Now my parameter is bound and I can move on to my orders set. Again create a Dataset but call this one 'OrdersMain' and use a self extracting table variable but I am adding a predicate now referencing my variable from above as well.
declare #Orders table ( OrderID int identity, PersonID int, Desciption varchar(32), Amount int);
insert into #Orders values (1, 'Shirt', 20),(1, 'Shoes', 50),(2, 'Shirt', 22),
(2, 'Shoes', 52),(3, 'Shirt', 20),(3, 'Shoes', 50),(3, 'Hat', 20),
(4, 'Shirt', 20),(5, 'Shirt', 20),(5, 'Pants', 30), (6, 'Shirt', 20),
(6, 'RunningShoes', 70),(7, 'Shirt', 22),(7, 'Shoes', 40),(7, 'Coat', 80)
Select * from #Orders where PersonID in (#Person)
Now if populate my report with a tablix item and put the values from 'OrdersMain' in a tablix a user is prompted with a label for Brett, Sean, etc.. but the id is used for the orders to limit the scope of the dataset.
Optional
You can repeat step 1 for a SUBSET of people in another dataset and call it 'Defaults'. Then with an expanse of step 2 leave everything as is, but add this new dataset to 'Default Values' get from a query.
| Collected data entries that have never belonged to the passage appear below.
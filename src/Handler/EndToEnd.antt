-- ===== src/Handler/EndToEnd.antt =====
-- A request on its way through the handler: from the queue to the channel, and from the bytes that the
-- channel receives to the result.
use clibdpa.Base.{
  ℕ, ◌≤◌, ◌<◌, ◌≡◌, ap, refl, ◌∙◌, Bool, true, false, List, some, get_elem?, set,
  get_elem?-set_self, get_elem?-lt, ok,
}
use clibdpa.Base.Int.{pos}
use clibdpa.Message.{DpaMessage, max_dpa_message_size, length_u8}
use clibdpa.Message.Contents.{contents}
use clibdpa.TaskQueue.{size}
use clibdpa.Transaction.Types.{Transaction, request_of, to_coordinator}
use clibdpa.Transaction.Execute.{start, cycle, cycles}
use clibdpa.Transaction.Receive.{process_received_message, process_response, process_confirmation}
use clibdpa.Transaction.Matches.{IsResponseTo, IsConfirmationOf}
use clibdpa.Transaction.Exchange.{sent_for-confirmed, sent_for, sent_for-answered, Delivers}
use clibdpa.Handler.Types.{Handler}
use clibdpa.Handler.Registry.{Called, process_any_message}
use clibdpa.Handler.Submit.{queue_max_len, process_transaction, resume_transaction}
use clibdpa.Handler.Dispatch.{handled, is_asynchronous, to_pending, response_message_handler}
use clibdpa.Handler.Overload.{on_way, taken_up, process-on_way}
use clibdpa.Handler.Routing.{received_as, accepted_pending}

on_way-sent_for : (t : Transaction) → on_way t ≡ sent_for t
unfolding start
on_way-sent_for t = refl

module _ {H : Type 0} where
  to_pending-ok :
      (h : Handler H) (ptr : ℕ) (t u : Transaction) (m : DpaMessage) (now : ℕ)
      (calls : List (Called H))
      → get_elem? h.store ptr ≡ some t
      → process_received_message t m now ≡ ok u
      → to_pending (record h { m_pending_transaction = some ptr }) m now calls
        ≡ handled (taken_up h ptr u) calls
  unfolding to_pending
  to_pending-ok h ptr t u m now calls g r = rw (g, to_pending) (rw (r, to_pending) refl)

  pub resume-some :
      (h : Handler H) (ptr : ℕ) (t u : Transaction) (expired : Bool)
      → get_elem? h.store ptr ≡ some t
      → cycles 1 t expired ≡ some u
      → resume_transaction 1 h ptr expired ≡ some (record h { store = set h.store ptr u })
  unfolding resume_transaction
  resume-some h ptr t u expired g c = rw (g, resume_transaction) (rw (c, resume_transaction) refl)

  taken_up-there :
      (h : Handler H) (ptr : ℕ) (t u : Transaction)
      → get_elem? h.store ptr ≡ some t
      → get_elem? (taken_up h ptr u).store ptr ≡ some u
  taken_up-there h ptr t u g = get_elem?-set_self h.store ptr u (get_elem?-lt h.store ptr g)

-- From end to end, for a request to the coordinator, whose transaction was given no default error, is not
-- finished and has a positive expected duration, and which the worker takes up with fewer than 16 others
-- in the queue: the channel is given the bytes of the request; when the channel then receives a string of
-- bytes that becomes a response to the request without the asynchronous flag, the handlers for any
-- message are called with it, and the next wake of the worker, for whatever reason, finishes the
-- transaction with that response and its code, which get() hands out.
pub request-Delivers :
    {H W : Type 0} (send_to : List ℕ → W → W × Bool) (h : Handler H) (ptr : ℕ) (t : Transaction)
    (w : W) (bytes : List ℕ) (stale now : ℕ) (expired : Bool)
    → get_elem? h.store ptr ≡ some t
    → size h.m_dpa_transaction_queue < queue_max_len
    → t.m_default_error ≡ pos 0
    → t.m_finish ≡ false
    → 0 < t.m_expected_duration_ms
    → to_coordinator (request_of t) ≡ true
    → 0 < length_u8 bytes
    → length_u8 bytes ≤ max_dpa_message_size
    → is_asynchronous (received_as bytes) ≡ false
    → IsResponseTo (request_of t) (received_as bytes)
    → (h1 h2 h3 : Handler H) × (t' : Transaction) × (process_transaction send_to 1 h ptr w
        ≡ some (h1, (send_to (contents (request_of t)) w).0))
      × (response_message_handler h1 bytes stale now
          ≡ handled h2 (process_any_message h1 (received_as bytes)))
      × (resume_transaction 1 h2 ptr expired ≡ some h3)
      × (get_elem? h3.store ptr ≡ some t')
      × Delivers t' (received_as bytes)
request-Delivers send_to h ptr t w bytes stale now expired g room no_error f p c l m a b =
    let r = received_as bytes in
    let h1 = taken_up h ptr (sent_for t) in
    let u = process_response (sent_for t) r now in
    let h2 = taken_up h1 ptr u in
    let (x, k, v) = sent_for-answered t r now expired f c b in
    let there1 = taken_up-there h ptr t (sent_for t) g in
    let there2 = taken_up-there h1 ptr (sent_for t) u there1 in
    (
      h1,
      h2,
      taken_up h2 ptr (cycle u expired),
      cycle u expired,
      process-on_way send_to h ptr t w g room no_error p
          ∙ ap (λ s. some (taken_up h ptr s, (send_to (contents (request_of t)) w).0))
              (on_way-sent_for t),
      accepted_pending h1 bytes stale now l m a
          ∙ to_pending-ok h1 ptr (sent_for t) u r now (process_any_message h1 r) there1 x,
      resume-some h2 ptr u (cycle u expired) expired there2 k,
      taken_up-there h2 ptr u (cycle u expired) there2,
      v,
    )

-- From end to end, for a request to a node, with a finite timeout, whose transaction was given no default
-- error, is not finished and has a positive expected duration, and which the worker takes up with fewer
-- than 16 others in the queue: the channel is given the bytes of the request; when it then receives a
-- string that becomes a confirmation of the request and one that becomes a response to it without
-- the asynchronous flag, the handlers for any message are called with each; a notification of the
-- worker does not finish the transaction, but the end of its time does, with that response and its
-- code, which get() hands out.
pub node_request-Delivers :
    {H W : Type 0} (send_to : List ℕ → W → W × Bool) (h : Handler H) (ptr : ℕ) (t : Transaction)
    (w : W) (confirming bytes : List ℕ) (stale now stale' now' : ℕ)
    → get_elem? h.store ptr ≡ some t
    → size h.m_dpa_transaction_queue < queue_max_len
    → t.m_default_error ≡ pos 0
    → t.m_finish ≡ false
    → t.m_infinit_timeout ≡ false
    → 0 < t.m_expected_duration_ms
    → (0 < length_u8 confirming) × (length_u8 confirming ≤ max_dpa_message_size)
    → is_asynchronous (received_as confirming) ≡ false
    → IsConfirmationOf (request_of t) (received_as confirming)
    → (0 < length_u8 bytes) × (length_u8 bytes ≤ max_dpa_message_size)
    → is_asynchronous (received_as bytes) ≡ false
    → IsResponseTo (request_of t) (received_as bytes)
    → (h1 h2 h3 h4 : Handler H) × (t3 t4 : Transaction) × (process_transaction send_to 1 h ptr w
        ≡ some (h1, (send_to (contents (request_of t)) w).0))
      × (response_message_handler h1 confirming stale now
          ≡ handled h2 (process_any_message h1 (received_as confirming)))
      × (response_message_handler h2 bytes stale' now'
          ≡ handled h3 (process_any_message h2 (received_as bytes)))
      × (get_elem? h3.store ptr ≡ some t3)
      × ((cycle t3 false).m_finish ≡ false)
      × (resume_transaction 1 h3 ptr true ≡ some h4)
      × (get_elem? h4.store ptr ≡ some t4)
      × Delivers t4 (received_as bytes)
node_request-Delivers send_to h ptr t w confirming bytes stale now stale' now' g room no_error f i p
      (cl, cm) cp k (l, m) a b =
    let c = received_as confirming in
    let r = received_as bytes in
    let t2 = process_confirmation (sent_for t) c now in
    let t3 = process_response t2 r now' in
    let h1 = taken_up h ptr (sent_for t) in
    let h2 = taken_up h1 ptr t2 in
    let h3 = taken_up h2 ptr t3 in
    let (x, y, e, n, v) = sent_for-confirmed t c r now now' f i k b in
    let there1 = taken_up-there h ptr t (sent_for t) g in
    let there2 = taken_up-there h1 ptr (sent_for t) t2 there1 in
    let there3 = taken_up-there h2 ptr t2 t3 there2 in
    (
      h1,
      h2,
      h3,
      taken_up h3 ptr (cycle t3 true),
      t3,
      cycle t3 true,
      process-on_way send_to h ptr t w g room no_error p
          ∙ ap (λ s. some (taken_up h ptr s, (send_to (contents (request_of t)) w).0))
              (on_way-sent_for t),
      accepted_pending h1 confirming stale now cl cm cp
          ∙ to_pending-ok h1 ptr (sent_for t) t2 c now (process_any_message h1 c) there1 x,
      accepted_pending h2 bytes stale' now' l m a
          ∙ to_pending-ok h2 ptr t2 t3 r now' (process_any_message h2 r) there2 y,
      there3,
      n,
      resume-some h3 ptr t3 (cycle t3 true) true there3 e,
      taken_up-there h3 ptr t3 (cycle t3 true) there3,
      v,
    )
This way I could create a temp table to get some of my people I most often use and then set them to be defaults instead. This would make the report auto execute when called.
Filtering can mean other things in SSRS as well. You can on any dataset see on the left pane a 'filter' and you may apply this. Keep in mind this will evaluate the whole expression first and then filter it. This use IMHO is best with shared datasets that are rather small and fast. Or you can use the filter clause in tablix elements as well which often is good when you want three objects from the same set but different predicates evaluated after runtime but to limit scope with reuse of one dataset for many objects.